*Your task*.
From the entries below, transcribe exactly the lines between the line holding "unfoldable pub validate_open_port" and the line holding "lift_payload (err e) = err (payload e)", inclusive; skip all other lines.

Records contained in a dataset

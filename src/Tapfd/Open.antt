-- ===== src/Tapfd/Open.antt =====
-- The hand-over of a tap descriptor: validateOpenPort and openPortAndSendToConn of
-- cmd/connector-ctl/open_port.go, with SendFd of pkg/tapfd/send.go. The tap, the namespace and the socket are
-- the kernel's: what opening them gives is an argument.
pub mod Delivery
use connector.Base.{
  ℕ, ◌+◌, ◌-◌, Bool, true, false, ◌||◌, not, Option, none, some, List, [], ◌∷◌, ◌++◌, Result, ok,
  err, ensure, refuse, ◌>>◌, ◌>>=◌, leb, ◌==◌, if◌then◌else◌, Bytes, u32, ℤ, pos, negsuc,
}
use connector.Ip.{to4, uint32_to_ip}
use connector.Slots.{
  MmappedSlots, get_slot, get_inner_ip, SlotItem, inner_ip_free, inner_ip_reserved,
}
use connector.Mac.{get_port_mac}
use connector.Switch.{SwitchConfig}
use connector.Attach.Options.{port_kind_tap}
use connector.Text.{is_empty}
use connector.Text.Address.{mac_string, ip_string}
use connector.Tapfd.Response.{ResponseError, build_ok_response}
use connector.Tapfd.Payload.{PortMetadata, PayloadError, marshal}

pub data OpenError : Type 0 where
  port_not_positive port_out_of_range not_tap not_provisioned not_attached : OpenError
  netns_failed tap_failed send_failed panics : OpenError
  payload : PayloadError → OpenError
  response : ResponseError → OpenError

abbrev pub check_slot : MmappedSlots → ℕ → Option SlotItem → Result OpenError ℕ
check_slot slots slot_id none = err panics
check_slot slots slot_id (some slot) = do
  let ip = get_inner_ip slots slot_id
  ensure (slot.mode == port_kind_tap) not_tap
  refuse (slot.ifindex == 0) not_provisioned
  refuse (ip == inner_ip_free || ip == inner_ip_reserved) not_attached
  ok slot_id

abbrev pub check_open_port : SwitchConfig → MmappedSlots → ℕ → Result OpenError ℕ
check_open_port cfg slots port =
    let slot_id = u32 (port - 1) in
    if leb cfg.n_ports slot_id
    then err port_out_of_range
    else check_slot slots slot_id (get_slot slots slot_id)

unfoldable pub validate_open_port : SwitchConfig → MmappedSlots → ℤ → Result OpenError ℕ
validate_open_port cfg slots (negsuc n) = err port_not_positive
validate_open_port cfg slots (pos n) =
    if n == 0 then err port_not_positive else check_open_port cfg slots n

-- `SendFd`: the payload and the descriptors of one message.
unfoldable pub send_fd : Bool → Bytes → List ℕ → Result OpenError (Bytes × List ℕ)
send_fd sent message fds =
    if is_empty fds || is_empty message || not sent then err send_failed else ok (message, fds)

abbrev pub lift_payload : Result PayloadError Bytes → Result OpenError Bytes
lift_payload (ok p) = ok p
lift_payload (err e) = err (payload e)

abbrev pub lift_response : Result ResponseError Bytes → Result OpenError Bytes
lift_response (ok p) = ok p
lift_response (err e) = err (response e)

abbrev pub prefixed : Bool → Bytes → Result OpenError Bytes
prefixed true p = lift_response (build_ok_response p)
prefixed false p = ok p

abbrev pub sent_fds : Bool → ℕ → ℕ → List ℕ
sent_fds true tap netns = tap ∷ netns ∷ []
sent_fds false tap netns = tap ∷ []

abbrev pub netns_count : Bool → ℕ
netns_count true = 1
netns_count false = 0

abbrev pub port_metadata : ℕ → Bytes → ℕ → Bool → PortMetadata
port_metadata slot_id mac inner_ip want = record {
  port = u32 (slot_id + 1);
  mac = mac_string mac;
  inner_ip = ip_string (to4 (uint32_to_ip inner_ip));
  fd_count = 1;
  netns_fd_count = netns_count want;
}

abbrev pub send_metadata :
    Bool → Bool → Bool → PortMetadata → ℕ → ℕ → Result OpenError (Bytes × List ℕ)
send_metadata sent want ok_prefix m tap netns = do
  plain ← lift_payload (marshal m)
  message ← prefixed ok_prefix plain
  send_fd sent message (sent_fds want tap netns)

abbrev pub with_mac :
    Option Bytes → (Bytes → Result OpenError (Bytes × List ℕ)) → Result OpenError (Bytes × List ℕ)
with_mac none f = err panics
with_mac (some mac) f = f mac

abbrev pub with_fd :
    OpenError
    → Option ℕ
    → (ℕ → Result OpenError (Bytes × List ℕ))
    → Result OpenError (Bytes × List ℕ)
with_fd e none f = err e
with_fd e (some fd) f = f fd

unfoldable pub open_port_and_send_to_conn :
    SwitchConfig
    → MmappedSlots
    → ℕ
    → Bool
    → Bool
    → Option ℕ
    → Option ℕ
    → Bool
    → Result OpenError (Bytes × List ℕ)
open_port_and_send_to_conn cfg slots slot_id want ok_prefix netns_fd tap_fd sent =
    with_fd netns_failed netns_fd λ netns. with_fd tap_failed tap_fd λ tap.
      with_mac (get_port_mac cfg.switch_mac cfg.port_mac slot_id) λ mac.
        send_metadata sent want ok_prefix
          (port_metadata slot_id mac (slots.items slot_id).inner_ip want) tap netns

*Expected answer*.
unfoldable pub validate_open_port : SwitchConfig → MmappedSlots → ℤ → Result OpenError ℕ
validate_open_port cfg slots (negsuc n) = err port_not_positive
validate_open_port cfg slots (pos n) =
    if n == 0 then err port_not_positive else check_open_port cfg slots n

-- `SendFd`: the payload and the descriptors of one message.
unfoldable pub send_fd : Bool → Bytes → List ℕ → Result OpenError (Bytes × List ℕ)
send_fd sent message fds =
    if is_empty fds || is_empty message || not sent then err send_failed else ok (message, fds)

abbrev pub lift_payload : Result PayloadError Bytes → Result OpenError Bytes
lift_payload (ok p) = ok p
lift_payload (err e) = err (payload e)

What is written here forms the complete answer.